White House spokeswoman Sarah Huckabee Sanders says in a statement that Powell had always planned to serve for a year before returning home to New York. She’s expected to continue working with the administration on Middle East policy issues from outside the White House, Sanders said.
National Security Adviser H.R. McMaster in a statement called Powell an “invaluable member” of the president’s team and praised her as one of “the most talented and effective leaders with whom I have ever served.”
“Her sage advice helped provide options to the president and her strong relationships across the U.S. government and internationally helped drive execution of the president’s decisions,” he said.
Powell was originally hired to work on economic development at the behest of Trump’s daughter, Ivanka Trump, and his son-in-law Jared Kushner. But the Egyptian-American with international experience and fluency in Arabic was soon moved to the National Security Council.
Powell’s foreign policy experience was forged under Condoleezza Rice, who brought her into the State Department when the George W. Bush’s administration was trying to improve diplomacy in the Middle East.
Born in Cairo, Powell moved to the United States with her family at the age of four and had to learn to speak English. Entering Republican politics at a young age, Powell put herself through the University of Texas by working in the state Legislature.

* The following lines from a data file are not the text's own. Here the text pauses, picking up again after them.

-- ===== src/Discovery/Templates.antt =====
-- The templates of internal/hadiscovery/sensors.go, which read a member of the state document.
use sparkwrangler.Base.{none, [], ◌++◌, Bytes, codes}
use sparkwrangler.Discovery.Device.{Component}

-- `Version`
abbrev pub version : Bytes
version = codes "0.1.0"

unfoldable pub optional_binary : Bytes → Bytes
optional_binary key =
    codes "{{ None if value_json."
    ++ (key
        ++ (codes " is not defined else ('ON' if value_json." ++ (key ++ codes " else 'OFF') }}")))

unfoldable pub optional : Bytes → Bytes
optional key = codes "{{ value_json." ++ (key ++ codes " | default(None) }}")

-- The zero value of `Component`, which each literal of the catalog fills in part.
abbrev pub no_component : Component
no_component = record {
  platform = [];
  name = [];
  has_entity_name = none;
  unique_id = [];
  value_template = [];
  device_class = [];
  state_class = [];
  unit_of_measurement = [];
  icon = [];
  entity_category = [];
  display_precision = none;
  payload_on = [];
  payload_off = [];
  enabled_by_default = none;
}
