-- ===== src/Discovery/Host.antt =====
-- The components of every node: `hostSensors` of internal/hadiscovery/sensors.go.
use sparkwrangler.Base.Int.{pos}
use sparkwrangler.Base.{false, some, [], ◌∷◌, Bytes, codes, Dict}
use sparkwrangler.Discovery.Device.{Component}
use sparkwrangler.Discovery.Templates.{optional, no_component}

gpu_utilization : (Bytes → Bytes) → Component
gpu_utilization uid = record no_component {
  platform = codes "sensor";
  name = codes "GPU utilisation";
  unique_id = uid (codes "gpu_utilization");
  value_template = optional (codes "gpu_utilization_pct");
  unit_of_measurement = codes "%";
  state_class = codes "measurement";
  icon = codes "mdi:chip";
}

gpu_clock : (Bytes → Bytes) → Component
gpu_clock uid = record no_component {
  platform = codes "sensor";
  name = codes "GPU clock";
  unique_id = uid (codes "gpu_clock");
  value_template = optional (codes "gpu_clock_mhz");
  device_class = codes "frequency";
  unit_of_measurement = codes "MHz";
  state_class = codes "measurement";
}

gpu_temperature : (Bytes → Bytes) → Component
gpu_temperature uid = record no_component {
  platform = codes "sensor";
  name = codes "GPU temperature";
  unique_id = uid (codes "gpu_temperature");
  value_template = optional (codes "gpu_temperature_c");
  device_class = codes "temperature";
  unit_of_measurement = 0xc2 ∷ 0xb0 ∷ b'C' ∷ [];
  state_class = codes "measurement";
}

gpu_power : (Bytes → Bytes) → Component
gpu_power uid = record no_component {
  platform = codes "sensor";
  name = codes "GPU rail power";
  unique_id = uid (codes "gpu_power");
  value_template = optional (codes "gpu_power_w");
  device_class = codes "power";
  unit_of_measurement = codes "W";
  state_class = codes "measurement";
}

memory_available : (Bytes → Bytes) → Component
memory_available uid = record no_component {
  platform = codes "sensor";
  name = codes "Memory available";
  unique_id = uid (codes "memory_available");
  value_template = optional (codes "memory_available_bytes");
  device_class = codes "data_size";
  unit_of_measurement = codes "B";
  state_class = codes "measurement";
  icon = codes "mdi:memory";
}

memory_used : (Bytes → Bytes) → Component
memory_used uid = record no_component {
  platform = codes "sensor";
  name = codes "Memory used";
  unique_id = uid (codes "memory_used");
  value_template = optional (codes "memory_used_pct");
  unit_of_measurement = codes "%";
  state_class = codes "measurement";
  display_precision = some (pos 1);
  icon = codes "mdi:memory";
}

mac_address : (Bytes → Bytes) → Component
mac_address uid = record no_component {
  platform = codes "sensor";
  name = codes "MAC address";
  unique_id = uid (codes "mac_address");
  value_template = optional (codes "mac_address");
  entity_category = codes "diagnostic";
  icon = codes "mdi:ethernet";
}

last_seen : (Bytes → Bytes) → Component
last_seen uid = record no_component {
  platform = codes "sensor";
  name = codes "Last seen";
  unique_id = uid (codes "last_seen");
  value_template = optional (codes "last_seen");
  device_class = codes "timestamp";
  entity_category = codes "diagnostic";
  enabled_by_default = some false;
}

unfoldable pub host_sensors : (Bytes → Bytes) → Dict Component
unfolding gpu_utilization gpu_clock gpu_temperature gpu_power memory_available memory_used
    mac_address last_seen
host_sensors uid =
    (codes "gpu_utilization", gpu_utilization uid)
    ∷ (codes "gpu_clock", gpu_clock uid)
    ∷ (codes "gpu_temperature", gpu_temperature uid)
    ∷ (codes "gpu_power", gpu_power uid)
    ∷ (codes "memory_available", memory_available uid)
    ∷ (codes "memory_used", memory_used uid)
    ∷ (codes "mac_address", mac_address uid)
    ∷ (codes "last_seen", last_seen uid)
    ∷ []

After stints with several GOP congressional members and at the Republican National Committee, she joined the Bush administration. There she became the youngest person to ever run a president’s personnel office. She later served Rice as assistant secretary of state for educational and cultural affairs and as deputy undersecretary of state for public diplomacy and public affairs.
From the White House, Powell went to Goldman Sachs, where she worked for a decade, becoming a partner, looking after global investment and serving as president of the company foundation, overseeing an effort to invest in female entrepreneurs around the world.
Her close ties to Ivanka Trump, Kushner and economic adviser Gary Cohn, along with her Goldman credentials, led some to label her a “globalist,” though allies described her as a longtime conservative thinker.
Kushner applauded Powell’s work in a statement and said she would “continue to play a key role” in efforts to secure peace in the Middle East.